「娘を信じられなかった私が、自分を責めるのをやめたら、信じられるようになった。」
長女が不登校になったとき、私は「無理に行かなくていい」と言っていた。
でも本音は違った。
勉強についていけなくなったらどうしよう。
このままでいいのかな。
どうしたら行くようになるんだろう。
本人には言わなかった。
でも内心ずっと、焦っていた。
精神科に行くと娘が決めたとき、「逃げじゃないか」と思った。
病名がつくことで安心を得たいだけじゃないかと、信頼とは逆の感情が湧いた。
それも、本人には言わなかった。
向き合っているようで、本音を隠しながら向き合っていた。
変わったのは、自分を責めるのをやめてからだった。
心理学を学んで、色んな自分を一個一個受け入れた。
頭が悪いな。
偉そうなとこある。
できないくせにできる人を演じてる。
人に認められたい。
これが怖い。
きれいに変換しないで、そのまま認めた。
そしたら気づいたら、人のことを責めなくなっていた。
自分を責めなくなったから、だと思う。
娘のことも、同じだった。
答えを出そうとするのをやめた。
距離をとることを覚えた。
待つ時間を意識的に持つようにした。
そしたら、自分を責めなくなってきた。
今日、娘が言った。
「人に過剰に気を遣わなくなった。
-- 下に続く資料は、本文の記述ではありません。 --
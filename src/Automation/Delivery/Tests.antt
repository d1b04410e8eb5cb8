-- ===== src/Automation/Delivery/Tests.antt =====
-- Two workers and one delivery.
use delmos.Base.{ℕ, suc, ◌≡◌, ◌≤◌, refl, arith, true, false, none, some, List, [], ◌∷◌, Dict, ok}
use delmos.Automation.Outbox.{Envelope, delivered, Delivery, new_delivery}
use delmos.Automation.Delivery.{
  claim, acknowledge, mark_failed, Handler, ClaimedDelivery, committed, process_one, finish,
}
use delmos.Automation.Delivery.Rows.{UniqueIds}
use delmos.Automation.Delivery.Fencing.{
  Runs, begin, claims, commits, Runs-commits_once, Runs-delivered_final, mark_failed-reopens,
}
use delmos.Automation.Delivery.Retries.{Effect, process_one-Effect}
use delmos.Automation.Delivery.Attempts.{Round, After, failed_rounds, failed_rounds-dead_letter}

abbrev fresh : List Delivery
fresh = new_delivery 1 50 70 ∷ []

abbrev taken : List Delivery
taken = (claim 8 100 160 10 fresh).0

-- The lease of worker 8 runs out, worker 9 claims the row, and only worker 9 can acknowledge it.
overtaken : (acknowledge 170 1 8 (claim 9 161 221 10 taken).0).1 ≡ false
unfolding claim acknowledge
overtaken = refl

accepted : (acknowledge 170 1 9 (claim 9 161 221 10 taken).0).1 ≡ true
unfolding claim acknowledge
accepted = refl

abbrev run : Runs 1 fresh 1 (acknowledge 170 1 9 (claim 9 161 221 10 taken).0).0
run = commits 170 1 9 (claims 9 161 221 10 (claims 8 100 160 10 begin)) accepted refl

Runs-commits_once_example : 1 ≤ 1
Runs-commits_once_example = Runs-commits_once 1 fresh (tt, tt) run

abbrev done : Delivery
done = record (new_delivery 1 50 70) {
  status = delivered;
  delivery_attempts = 1;
  completed_at = some 170;
}

Runs-delivered_final_example : Path ℕ 0 0
Runs-delivered_final_example =
    Runs-delivered_final 1 (done ∷ []) done (tt, tt) refl refl refl (claims 9 161 221 10 begin)

mark_failed-reopens_example :
    (acknowledge 300 1 9 (claim 9 300 360 1 (mark_failed 1 "late" (done ∷ []))).0).1 ≡ true
mark_failed-reopens_example = mark_failed-reopens 300 9 360 "late" done refl (omega arith)

abbrev envelope : Envelope
envelope = record {
  event_id = 5;
  event_key = "saved";
  schema_version = "1.0.0";
  source = "delmos.core";
  occurred_at = 4;
  scope_type = "project";
  scope_id = none;
  actor_user_id = none;
  correlation_id = 6;
  causation_id = 6;
  payload = [];
}

abbrev claimed : ClaimedDelivery
claimed = record {
  delivery_id = 1;
  event_key = "saved";
  trigger_key = "count";
  envelope = envelope;
}

abbrev handlers : Dict (Handler ℕ)
handlers = ("count", λ e n. ok (suc n)) ∷ []

counted :
    process_one handlers 110 8 claimed 41 taken ≡ (42, (acknowledge 110 1 8 taken).0, committed)
unfolding process_one finish claim acknowledge
counted = refl

taken-UniqueIds : UniqueIds taken
unfolding claim
taken-UniqueIds = (tt, tt)

process_one-Effect_example :
    let (n, ds, r) = process_one handlers 110 8 claimed 41 taken in
    Effect handlers 110 8 claimed 41 taken n ds r
process_one-Effect_example = process_one-Effect handlers 110 8 claimed 41 taken taken-UniqueIds

abbrev round : Round
round = record { token = 8; now = 100; lease_until = 160; reason = "broken" }

abbrev five : List Round
five = round ∷ round ∷ round ∷ round ∷ round ∷ []

failed_rounds-dead_letter_example : After 1 0 5 5 (failed_rounds 1 five fresh)
failed_rounds-dead_letter_example =
    failed_rounds-dead_letter 1 five fresh (new_delivery 1 50 70) (tt, tt) refl refl (omega arith)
楽になってきた」
あ、きたね。
待ってたわけじゃない。
でも、来るってわかってた。
無理してる言葉でも、よく見せたい言葉でもない。
本当にそうなってきたんだ、ってわかった。
ここから、もっと楽になるね。
やったね。
よく頑張ったね。
ここまできたんだ。
娘を信じられるようになったのは、私が私を信じられるようになったからだと思う。